Ese lugar era conocido como "El rincón de las almas" donde un cristo de piedra colocado en el jardín a la vista del público de la calle, lloraba en forma contínua. El litro de lágrimas -sin envase- se vendía a 30 centésimos. A la entrada había un letrero con la siguiente inscripción: "Los muertos viven, rogad por ellos. Vuestra oración y vuestro pedido, en este lugar serán oídos".

En todos los santuarios había varios espejos con juegos de luces al mejor estilo de las luces sicodélicas actuales. Se vendían yuyos de todo tipo, que tanto enderezaban una vértebra como a un marido desviado. Y también se ofrecían vales por valor de 15 y 25 centésimos, para la compra de agua curativa.

Esparcidos sobre la mesa en el lugar de espera, lucían folletos y libros de ciencias ocultas. En las paredes, avisos y recomendaciones: "Curaciones sin medicamentos", "Se curan enfermos solamente con su ropa, sin verlos". Y asegurando felicidad, fidelidad, salud y dinero. Además, formularios con preguntas como: "Quiere que su marido deje a esa mujer?", "¿que su compañero le sea fiel toda la vida?", "¿vivir el doble de años que debe vivir?", "¿verse libre de enemigos?", "cobrar lo que le deben?, ¿que el preso salga muy pronto en libertad?"...

Todo marchaba en muy buena forma hasta que un día el negocio se terminó porque la policía uruguaya tampoco estuvo de acuerdo con la actividad de Noutro explotando la incredulidad pública. En pocos días salió en libertad -nuestras leyes nunca fueron severas con este tipo de delitos- y el hombre se fue del país con rumbo desconocido.
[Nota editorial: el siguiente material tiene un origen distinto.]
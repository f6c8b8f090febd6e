-- ===== src/PredicateUtils/Inclusion.antt =====
-- The relationship that `getPredicateRelationship` returns, read as inclusion of the predicates over
-- all valuations of the simple predicates.
use minerule.Prelude.{
  ℕ, ◌+◌, ◌^◌, ◌<◌, ◌≡◌, refl, ◌≢◌, Bool, true, false, not, ◌&&◌, Option, some, List, [], ◌∷◌,
  length, arith, ◌∙◌, sym, ap, ◌↔◌, any,
}
use minerule.VarSet.{VarSet}
use minerule.VarSet.Enumerate.{config, words}
use minerule.Predicate.{Ref, Pool, ParsedPred, Predicate}
use minerule.Predicate.Meaning.{holds}
use minerule.NormalForm.{
  Relationship, first_more_general, first_more_specific, equivalent, unrelated,
}
use minerule.NormalForm.Merge.{only, of_flags}
use minerule.PredicateUtils.{count_into, get_predicate_relationship}
use minerule.PredicateUtils.Sets.{
  In, Rising, EachOf, all_of, all_of-Rising, EachOf-all_of_first, EachOf-all_of_second,
}
use minerule.PredicateUtils.Numbering.{Pooled}
use minerule.PredicateUtils.Valuation.{
  val_of, word_of, word_of-lt, word_of-val_of, holds-word_of, holds_closed,
}
use minerule.PredicateUtils.Relationship.{
  chosen, any-upto, any-upto_none, get_predicate_relationship-relationship_of,
}

-- The first includes the second, by the relationship found.
abbrev pub includes_second : Relationship → Bool
includes_second equivalent = true
includes_second first_more_general = true
includes_second first_more_specific = false
includes_second unrelated = false

abbrev pub includes_first : Relationship → Bool
includes_first equivalent = true
includes_first first_more_general = false
includes_first first_more_specific = true
includes_first unrelated = false

-- A valuation on the simple predicates of the list only.
abbrev pub restrict : List Ref → (Ref → Bool) → Ref → Bool
restrict rs v = val_of rs (word_of v rs)

-- On the possible valuations, `q` gives `p`.
abbrev pub Implied : List Ref → ((Ref → Bool) → Bool) → Predicate → Predicate → Type 0
Implied rs impossible q p =
    (v : Ref → Bool) → impossible (restrict rs v) ≡ false → holds v q ≡ true → holds v p ≡ true

includes_second-of_flags : (a b : Bool) → includes_second (of_flags a b) ≡ not b
includes_second-of_flags a b = ground arith

includes_first-of_flags : (a b : Bool) → includes_first (of_flags a b) ≡ not a
includes_first-of_flags a b = ground arith

module _ (impossible : (Ref → Bool) → Bool) (p q : Predicate) where
  abbrev refutes : List Ref → ℕ → Bool
  refutes rs =
      only (chosen rs (λ c. impossible (val_of rs c)) q)
        (chosen rs (λ c. impossible (val_of rs c)) p)

  refutes-none :
      (rs : List Ref)
      → EachOf (λ r. In r rs) p
      → EachOf (λ r. In r rs) q
      → any (refutes rs) (words (length rs)) ≡ false
      → Implied rs impossible q p
  refutes-none [] p_in q_in h v possible hq = holds_closed v p p_in
  refutes-none (x ∷ xs) p_in q_in h v possible hq =
      let c = word_of v (x ∷ xs) in
      let here =
        any-upto (refutes (x ∷ xs)) 0 (2 ^ length (x ∷ xs)) c h (omega arith)
          (omega (arith, word_of-lt v (x ∷ xs))) in
      let in_p = holds-word_of v (x ∷ xs) p p_in in
      let in_q = holds-word_of v (x ∷ xs) q q_in in
      not_only (holds (val_of (x ∷ xs) c) q) (holds (val_of (x ∷ xs) c) p)
        (impossible (restrict (x ∷ xs) v)) (holds v q) (holds v p) here possible in_q in_p hq
    where
      not_only :
          (a b i a' b' : Bool)
          → (a && not i) && not (b && not i) ≡ false
          → i ≡ false
          → a ≡ a'
          → b ≡ b'
          → a' ≡ true
          → b' ≡ true
      not_only a b i a' b' h1 h2 h3 h4 h5 = ground arith

  none-refutes :
      (rs : List Ref)
      → Rising rs
      → EachOf (λ r. In r rs) p
      → EachOf (λ r. In r rs) q
      → Implied rs impossible q p
      → any (refutes rs) (words (length rs)) ≡ false
  none-refutes [] up p_in q_in h = refl
  none-refutes (x ∷ xs) up p_in q_in h =
      any-upto_none (refutes (x ∷ xs)) 0 (2 ^ length (x ∷ xs)) (λ c lo hi.
        let same = word_of-val_of (x ∷ xs) c up (omega arith) in
        let implied = h (val_of (x ∷ xs) c) in
        none_only (holds (val_of (x ∷ xs) c) q) (holds (val_of (x ∷ xs) c) p)
          (impossible (val_of (x ∷ xs) c)) (λ k. implied (rw same k)))
    where
      none_only :
          (a b i : Bool)
          → (i ≡ false → a ≡ true → b ≡ true)
          → (a && not i) && not (b && not i) ≡ false
      none_only a b true h = ground arith
      none_only false b false h = refl
      none_only true b false h = rw (h refl refl) refl

module _ (filter : List ParsedPred → Pool → VarSet → Option Bool) (uninit1 uninit2 : ℕ → ℕ)
    (fuel : ℕ) (p1 p2 : Predicate) (pool pool' : Pool) (l : List ParsedPred)
    (impossible : (Ref → Bool) → Bool) (pooled1 : EachOf (Pooled pool) p1)
    (pooled2 : EachOf (Pooled pool) p2) (few : length (all_of p1 p2) < 31)
    (four : length (all_of p1 p2) ≢ 4)
    (enough : 2 ^ length (all_of p1 p2) + 2 ^ length (all_of p1 p2) < fuel)
    (counts : count_into (all_of p1 p2) 0 pool [] ≡ some (length (all_of p1 p2), pool', l))
    (filters : (c : ℕ)
      → c < 2 ^ length (all_of p1 p2)
      → filter l pool' (config (length (all_of p1 p2)) c)
        ≡ some (impossible (val_of (all_of p1 p2) c))) where
  -- For two predicates over objects of the pool with fewer than 31 simple predicates together, and
  -- not four, where the fuel exceeds twice the number of configurations the numbering leaves the
  -- pool `pool'` and the list `l`, and the filter answers for them whether the valuation of a
  -- configuration is impossible, getPredicateRelationship returns. What it returns lets the first
  -- predicate include the second (equivalent or more general) exactly when on every possible
  -- valuation of the simple predicates the second gives the first, and the same with the sides
  -- exchanged.
  pub get_predicate_relationship-Implied :
      (rel : Relationship) × (get_predicate_relationship filter uninit1 uninit2 fuel p1 p2 pool
        ≡ some (rel, pool'))
      × (includes_second rel ≡ true ↔ Implied (all_of p1 p2) impossible p2 p1)
      × (includes_first rel ≡ true ↔ Implied (all_of p1 p2) impossible p1 p2)
  get_predicate_relationship-Implied =
      let rs = all_of p1 p2 in
      let drop : ℕ → Bool = λ c. impossible (val_of rs c) in
      let in1 = EachOf-all_of_first p1 p2 in
      let in2 = EachOf-all_of_second p1 p2 in
      let up = all_of-Rising p1 p2 in
      let first_only = any (refutes impossible p2 p1 rs) (words (length rs)) in
      let second_only = any (refutes impossible p1 p2 rs) (words (length rs)) in
      (
        of_flags first_only second_only,
        get_predicate_relationship-relationship_of filter uninit1 uninit2 fuel p1 p2 pool pool' l
            drop pooled1 pooled2 few four enough counts filters,
        (
          λ h.
              refutes-none impossible p1 p2 rs in1 in2
                (not_true second_only (sym (includes_second-of_flags first_only second_only) ∙ h)),
          λ h.
              includes_second-of_flags first_only second_only
              ∙ ap not (none-refutes impossible p1 p2 rs up in1 in2 h),
        ),
        (
          λ h.
              refutes-none impossible p2 p1 rs in2 in1
                (not_true first_only (sym (includes_first-of_flags first_only second_only) ∙ h)),
          λ h.
              includes_first-of_flags first_only second_only
              ∙ ap not (none-refutes impossible p2 p1 rs up in2 in1 h),
        ),
      )
    where
      not_true : (b : Bool) → not b ≡ true → b ≡ false
      not_true false h = refl
      not_true true h = cc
Evidentemente sus oraciones, yuyos, poderes, y las caras lágrimas de su cristo no lo ayudaron mucho: Tres años después, un uruguayo lo encontró en una plaza de Barcelona pobremente vestido, casi como un mendigo, vendiendo abanicos y otros chirimbolos.

Poca suerte la del pobre Noutro, de haber vivido en otra época. Si hubiera sido ahora, seguro sería propietario de enormes salas de antiguos cines, tendría programas en todas las radios, cerraría la transmisión de varios canales de televisión, estaría amparado por leyes estatales, y la misma policía le ofrecería custodia para su persona y sus costosos vehículos... Todo financiado voluntariamente por la misma clase de personas que él sabía manejar a la perfección... y sin ninguna clase de riesgo.